Vingt-trois ans de réclusion au terrassier de Gilette
Paul Cuevas a toujours clamé son innocence mais c’est sans un mot qu’il a écouté le verdict prononcé par la cour d’assises. Il a été déclaré coupable du meurtre aggravé de Patrice Ferrari
Tout au long de la semaine, Paul Cuevas, 48 ans, terrassier à Gilette, très à l’aise devant ses juges, volubile, combatif voire théâtral, a tenté de démontrer son innocence dans la mort tragique de son ami Patrice Ferrari, 49 ans.
La victime, ancien gérant d’une société d’équarrissage, diminuée après une trépanation, avait disparu mystérieusement le 23 décembre 2015 de son domicile de Castagniers. Elle avait été retrouvée morte le 9 janvier, jetée dans un ravin de Malaussène, massacrée à coups de couteau, la carotide tranchée, le crâne défoncé.
La cour, présidée par Catherine Bonnici, et les jurés ont reconnu coupable hier Paul Cuevas de « meurtre sur personne vulnérable, escroqueries, vols et falsifications de chèques ».
Dans le box, l’accusé écoute la sentence sans broncher : vingt-trois ans de réclusion criminelle et deux tiers de peine de sûreté.
Sur les bancs des parties civiles, Marie-Claude, la mère de la victime et son fils Daniel restent impassibles, vidés par cinq jours d’un éprouvant procès, inconsolables d’avoir perdu Patrice dans ces atroces circonstances. « Je veux surtout qu’il ne recommence jamais », confie Daniel Ferrari.

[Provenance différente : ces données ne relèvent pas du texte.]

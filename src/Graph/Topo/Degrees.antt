-- ===== src/Graph/Topo/Degrees.antt =====
-- The in-degree counters, against the number of edges from the nodes that are left.
use covonaut.Base.{
  ℕ, suc, ◌+◌, ◌≤◌, String, List, [], ◌∷◌, some, ◌≡◌, refl, arith, eq_iff, count, Has, length,
  remove, count-remove, length-remove, if◌then◌else◌, Map, keys, lookup, insert, delete,
  lookup-insert, lookup-delete, keys-insert_present, keys-delete, ℤ, pos, dec, get_or,
}
use covonaut.Graph.{successors}
use covonaut.Graph.Topo.{decrement_all, place, place_all, ready, is_zero}

-- The edges into `v` from the nodes of the list.
abbrev pub in_edges : Map (List String) → List String → String → ℕ
in_edges edges [] v = 0
in_edges edges (u ∷ us) v = count v (successors edges u) + in_edges edges us v

remove_absent : (k : String) (xs : List String) → count k xs ≡ 0 → remove k xs ≡ xs
unfolding remove
remove_absent k [] h = refl
remove_absent k (x ∷ xs) h = ground (arith, remove_absent k xs)

in_edges-remove :
    (edges : Map (List String)) (n : String) (us : List String) (v : String)
    → count n us ≡ 1
    → in_edges edges us v ≡ count v (successors edges n) + in_edges edges (remove n us) v
unfolding remove
in_edges-remove edges n [] v h = absurd (omega arith)
in_edges-remove edges n (u ∷ us) v h =
    ground (arith, eq_iff u n, in_edges-remove edges n us v, remove_absent n us)

pub count-le-in_edges :
    (edges : Map (List String)) (u : String) (us : List String) (v : String)
    → Has u us
    → count v (successors edges u) ≤ in_edges edges us v
count-le-in_edges edges u [] v h = absurd (omega arith)
count-le-in_edges edges u (x ∷ us) v h = ground (arith, eq_iff x u, count-le-in_edges edges u us v)

-- Every node that is left has its counter, and the edges out of these nodes stay among them.
pub record Counts (edges : Map (List String)) (m : Map ℤ) : Type 0 where
  pub distinct : (k : String) → count k (keys m) ≤ 1
  pub degree : (v : String) → Has v (keys m) → lookup v m ≡ some (pos (in_edges edges (keys m) v))
  pub closed : (u v : String) → Has u (keys m) → Has v (successors edges u) → Has v (keys m)

decrement_all-lookup :
    (ts : List String) (m : Map ℤ) (f : String → ℕ)
    → ((v : String) → Has v ts → Has v (keys m))
    → ((v : String) → Has v (keys m) → lookup v m ≡ some (pos (count v ts + f v)))
    → (keys (decrement_all ts m) ≡ keys m)
      × ((v : String) → Has v (keys m) → lookup v (decrement_all ts m) ≡ some (pos (f v)))
unfolding decrement_all
decrement_all-lookup [] m f sub val = (refl, λ v h. ground (arith, val v h))
decrement_all-lookup (t ∷ ts) m f sub val =
    let has_t : Has t (keys m) = sub t (ground (arith, eq_iff t t)) in
    let here : lookup t m ≡ some (pos (suc (count t ts + f t))) =
      ground (arith, val t has_t, eq_iff t t) in
    let m' = insert t (dec (get_or t (pos 0) m)) m in
    let same : keys m' ≡ keys m = keys-insert_present t (dec (get_or t (pos 0) m)) m has_t in
    let rest =
      decrement_all-lookup ts m' f (λ v h. ground (arith, sub v, same))
        (λ v h.
          ground (
            arith,
            same,
            val v,
            here,
            eq_iff t v,
            lookup-insert t v (dec (get_or t (pos 0) m)) m,
          )) in
    (ground (arith, rest.0, same), λ v h. ground (arith, rest.1 v, same))

module _ (edges : Map (List String)) where
  -- Removing a node that no remaining edge enters.
  place-Counts :
      (n : String) (m : Map ℤ)
      → Counts edges m
      → Has n (keys m)
      → in_edges edges (keys m) n ≡ 0
      → (keys (place edges n m) ≡ remove n (keys m)) × Counts edges (place edges n m)
  unfolding place
  place-Counts n m c h z =
      let less = keys-delete n m in
      let cnt = λ (k : String). count-remove n k (keys m) in
      let split =
        λ (v : String). in_edges-remove edges n (keys m) v (omega (arith, c.distinct n)) in
      let not_n = λ (u v : String). count-le-in_edges edges u (keys m) n in
      let (same, val) =
        decrement_all-lookup (successors edges n) (delete n m)
          (λ v. in_edges edges (remove n (keys m)) v)
          (λ v p. ground (arith, less, cnt v, eq_iff n v, c.closed n v h p, not_n n v h))
          (λ v p.
            ground (arith, less, cnt v, eq_iff n v, c.degree v, split v, lookup-delete n v m)) in
      (
        ground (arith, same, less),
        record {
          distinct = λ k. ground (arith, same, less, cnt k, c.distinct k);
          degree = λ v p. ground (arith, same, less, val v);
          closed = λ u v p q.
              ground (arith, same, less, cnt u, cnt v, eq_iff n v, c.closed u v, not_n u v);
        },
      )

  pub place_all-Counts :
      (ns : List String) (m : Map ℤ)
      → Counts edges m
      → ((k : String) → count k ns ≤ 1)
      → ((k : String) → Has k ns → Has k (keys m) × (in_edges edges (keys m) k ≡ 0))
      → Counts edges (place_all edges ns m)
        × ((k : String) → count k (keys (place_all edges ns m)) + count k ns ≡ count k (keys m))
        × (length (keys (place_all edges ns m)) + length ns ≡ length (keys m))
  unfolding place_all
  place_all-Counts [] m c d h = (c, λ k. omega arith, omega arith)
  place_all-Counts (n ∷ ns) m c d h =
      let n_in = h n (ground (arith, eq_iff n n)) in
      let (less, c') = place-Counts n m c n_in.0 n_in.1 in
      let one : count n (keys m) ≡ 1 = omega (arith, c.distinct n, n_in.0) in
      let cnt = λ (k : String). count-remove n k (keys m) in
      let (c'', sum, size) =
        place_all-Counts ns (place edges n m) c' (λ k. ground (arith, d k))
          (λ k p.
            ground
              (arith, h k, less, cnt k, eq_iff n k, d k, in_edges-remove edges n (keys m) k one)) in
      (
        c'',
        λ k. ground (arith, sum k, less, cnt k, eq_iff n k, one, d n),
        ground (arith, size, less, length-remove n (keys m), one),
      )

-- The nodes whose counter stands at zero.
pub count-ready :
    (m : Map ℤ) (ks : List String) (k : String)
    → count k (ready m ks) ≡ (if is_zero (get_or k (pos 0) m) then count k ks else 0)
unfolding ready
count-ready m [] k = ground arith
count-ready m (x ∷ ks) k = ground (arith, count-ready m ks k, eq_iff x k)
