-- ===== src/Graph/Topo/Initial.antt =====
-- The counters that `Compile` starts from.
use covonaut.Base.{
  ℕ, ◌+◌, ◌≤◌, String, List, [], ◌∷◌, some, ◌≡◌, refl, arith, eq_iff, count, Has, if◌then◌else◌,
  ◌==◌, Map, keys, lookup, insert, lookup-insert, member_iff, keys-insert_present, ℤ, pos, inc,
  get_or,
}
use covonaut.Graph.{Graph, successors}
use covonaut.Graph.WellFormed.{IsWf, names}
use covonaut.Graph.Topo.{increment_all, in_degrees, zero_degrees, degrees_of}
use covonaut.Graph.Topo.Degrees.{in_edges, Counts}

increment_all-lookup :
    (ts : List String) (m : Map ℤ) (f : String → ℕ)
    → ((v : String) → Has v ts → Has v (keys m))
    → ((v : String) → Has v (keys m) → lookup v m ≡ some (pos (f v)))
    → (keys (increment_all ts m) ≡ keys m)
      × ((v : String)
          → Has v (keys m)
          → lookup v (increment_all ts m) ≡ some (pos (count v ts + f v)))
unfolding increment_all
increment_all-lookup [] m f sub val = (refl, λ v h. ground (arith, val v h))
increment_all-lookup (t ∷ ts) m f sub val =
    let has_t : Has t (keys m) = sub t (ground (arith, eq_iff t t)) in
    let here = val t has_t in
    let m' = insert t (inc (get_or t (pos 0) m)) m in
    let same : keys m' ≡ keys m = keys-insert_present t (inc (get_or t (pos 0) m)) m has_t in
    let rest =
      increment_all-lookup ts m' (λ v. (if t == v then 1 else 0) + f v)
        (λ v h. ground (arith, sub v, same))
        (λ v h.
          ground (
            arith,
            same,
            val v,
            here,
            eq_iff t v,
            lookup-insert t v (inc (get_or t (pos 0) m)) m,
          )) in
    (ground (arith, rest.0, same), λ v h. ground (arith, rest.1 v, same))

-- The edges into `v`.
abbrev total : Map (List String) → String → ℕ
total [] v = 0
total ((from, tos) ∷ es) v = count v tos + total es v

abbrev IsClosed : Map (List String) → (String → Type 0) → Type 0
IsClosed edges P = (u v : String) → Has v (successors edges u) → P v

no_successors : (es : Map (List String)) (u : String) → count u (keys es) ≡ 0 → successors es u ≡ []
no_successors es u h = ground (arith, member_iff u es)

closed_tail :
    (f : String) (ts : List String) (es : Map (List String)) (P : String → Type 0)
    → count f (keys es) ≡ 0
    → IsClosed ((f, ts) ∷ es) P
    → IsClosed es P
unfolding lookup
closed_tail f ts es P h c u v p = c u v (ground (arith, eq_iff f u, no_successors es f h))

in_degrees-lookup :
    (es : Map (List String)) (m : Map ℤ) (f : String → ℕ)
    → ((k : String) → count k (keys es) ≤ 1)
    → IsClosed es (λ v. Has v (keys m))
    → ((v : String) → Has v (keys m) → lookup v m ≡ some (pos (f v)))
    → (keys (in_degrees es m) ≡ keys m)
      × ((v : String) → Has v (keys m) → lookup v (in_degrees es m) ≡ some (pos (total es v + f v)))
unfolding in_degrees lookup
in_degrees-lookup [] m f d c val = (refl, λ v h. ground (arith, val v h))
in_degrees-lookup ((from, tos) ∷ es) m f d c val =
    let fresh : count from (keys es) ≡ 0 = ground (arith, d from, eq_iff from from) in
    let (same, here) =
      increment_all-lookup tos m f (λ v p. c from v (ground (arith, eq_iff from from))) val in
    let (same', there) =
      in_degrees-lookup es (increment_all tos m) (λ v. count v tos + f v) (λ k. ground (arith, d k))
        (λ u v p. ground (arith, closed_tail from tos es (λ w. Has w (keys m)) fresh c u v p, same))
        (λ v p. ground (arith, here v, same)) in
    (ground (arith, same, same'), λ v p. ground (arith, there v, same))

-- Counted by source or by node, the edges are as many.
in_edges-absent :
    (f : String) (ts : List String) (es : Map (List String)) (us : List String) (v : String)
    → count f us ≡ 0
    → in_edges ((f, ts) ∷ es) us v ≡ in_edges es us v
unfolding lookup
in_edges-absent f ts es [] v h = refl
in_edges-absent f ts es (u ∷ us) v h =
    ground (arith, eq_iff u f, eq_iff f u, in_edges-absent f ts es us v)

in_edges-cons :
    (f : String) (ts : List String) (es : Map (List String)) (us : List String) (v : String)
    → count f us ≡ 1
    → count f (keys es) ≡ 0
    → in_edges ((f, ts) ∷ es) us v ≡ count v ts + in_edges es us v
unfolding lookup
in_edges-cons f ts es [] v h z = absurd (omega arith)
in_edges-cons f ts es (u ∷ us) v h z = ground (
  arith,
  eq_iff u f,
  eq_iff f u,
  in_edges-absent f ts es us v,
  no_successors es f z,
  in_edges-cons f ts es us v,
)

in_edges-nil : (us : List String) (v : String) → in_edges [] us v ≡ 0
unfolding lookup
in_edges-nil [] v = refl
in_edges-nil (u ∷ us) v = omega (arith, in_edges-nil us v)

total-eq-in_edges :
    (es : Map (List String)) (us : List String) (v : String)
    → ((k : String) → count k (keys es) ≤ 1)
    → ((k : String) → Has k (keys es) → count k us ≡ 1)
    → total es v ≡ in_edges es us v
total-eq-in_edges [] us v d s = ground (arith, in_edges-nil us v)
total-eq-in_edges ((f, ts) ∷ es) us v d s =
    let fresh : count f (keys es) ≡ 0 = ground (arith, d f, eq_iff f f) in
    ground (
      arith,
      in_edges-cons f ts es us v (s f (ground (arith, eq_iff f f))) fresh,
      total-eq-in_edges es us v (λ k. ground (arith, d k)) (λ k p. s k (ground arith)),
    )

keys-zero_degrees : (ks : List String) → keys (zero_degrees ks) ≡ ks
unfolding zero_degrees
keys-zero_degrees [] = refl
keys-zero_degrees (k ∷ ks) = ground (arith, keys-zero_degrees ks)

lookup-zero_degrees :
    (ks : List String) (v : String) → Has v ks → lookup v (zero_degrees ks) ≡ some (pos 0)
unfolding zero_degrees lookup
lookup-zero_degrees [] v h = absurd (omega arith)
lookup-zero_degrees (k ∷ ks) v h = ground (arith, lookup-zero_degrees ks v)

-- `Compile` counts the in-degrees right.
pub degrees_of-Counts :
    (g : Graph) → IsWf g → (keys (degrees_of g) ≡ names g) × Counts g.edges (degrees_of g)
unfolding degrees_of
degrees_of-Counts g w =
    let zeros = keys-zero_degrees (names g) in
    let (same, val) =
      in_degrees-lookup g.edges (zero_degrees (names g)) (λ v. 0) w.edges_distinct
        (λ u v p. ground (arith, zeros, w.targets u v p))
        (λ v p. lookup-zero_degrees (names g) v (ground (arith, zeros))) in
    let sum = λ (v : String).
      total-eq-in_edges g.edges (names g) v w.edges_distinct
        (λ k p. omega (arith, w.distinct k, w.sources k p)) in
    (
      ground (arith, same, zeros),
      record {
        distinct = λ k. ground (arith, same, zeros, w.distinct k);
        degree = λ v p. ground (arith, same, zeros, val v, sum v);
        closed = λ u v p q. ground (arith, same, zeros, w.targets u v q);
      },
    )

« Ce dossier est une fumisterie »
Un second procès en appel ne fait guère de doute. Me Éric Scalabrin, l’avocat de la défense, l’a annoncé lors dès sa plaidoirie. Il admet que son client « charmeur, hâbleur, escroc », apparaît peu crédible. «Onne pardonne jamais un mensonge aux assises, même sur un détail. S’il escroque, c’est que c’est un tueur...»
Mais peut-on condamner quelqu’un sur un tel syllogisme ? Cuevas a souvent menti, changé de version. Cela en fait-il un tueur sanguinaire dénué de remords ? En retrait tout au long des débats, Me Scalabrin met toute son énergie à démonter cette procédure : «Un château de cartes qui s’effondre ! », « une fumisterie ». « Ce dossier ne respecte pas les règles », s’indigne le pénaliste qui n’hésite pas à prendre le directeur d’enquête « en flagrant délit de mensonge », à railler les carences des analyses téléphoniques. La tâche de la défense paraît pourtant immense tant les proches de la victimes, les avocats des parties civiles et l’avocat général n’ont pas ménagé l’accusé, persuadés de sa culpabilité. Me Boano, estime qu’il y a eu « une planification » de la part de Cuevas, qu’elle qualifie de «manipulateur, menteur ». Me Latella, conseil de la mère de la victime, estime qu’« un faisceau d’indices démontre sa culpabilité [...] Elle stigmatise : « Sa fascination pour l’argent, enfin surtout celui des autres. »
Trente ans requis
L’avocat général Vincent Edel porte le coup de grâce dans un réquisitoire méthodique. Le magistrat qui porte l’accusation répertorie l’ensemble des éléments à charge, « son comportement anormal, surprenant avant, pendant et après les faits ». Il requiert trente ans de réclusion avec une peine de sûreté des deux tiers. En 2015, Patrice Ferrari a régulièrement cherché à contacter par téléphone Cuevas. À chaque fois, les appels ont été transférés sur le répondeur. De guerre lasse, il avait fini par déposer plainte.
Ses soupçons se portaient, avec raison, sur Paul Cuevas. Plus de 80 000 euros avaient disparu de son compte en banque.
Le soir du 23 décembre 2015, Cuevas a emprunté le Renault Espace de sa compagne du moment. Les gendarmes parviendront à isoler l’ADN du défunt dans le coffre de ce véhicule pourtant nettoyé de fond en comble dans la nuit du 23 au 24 par Paul Cuevas.
Ses explications sur la présence du sang de la victime dans le coffre du véhicule n’ont manifestement pas convaincu la cour et les jurés.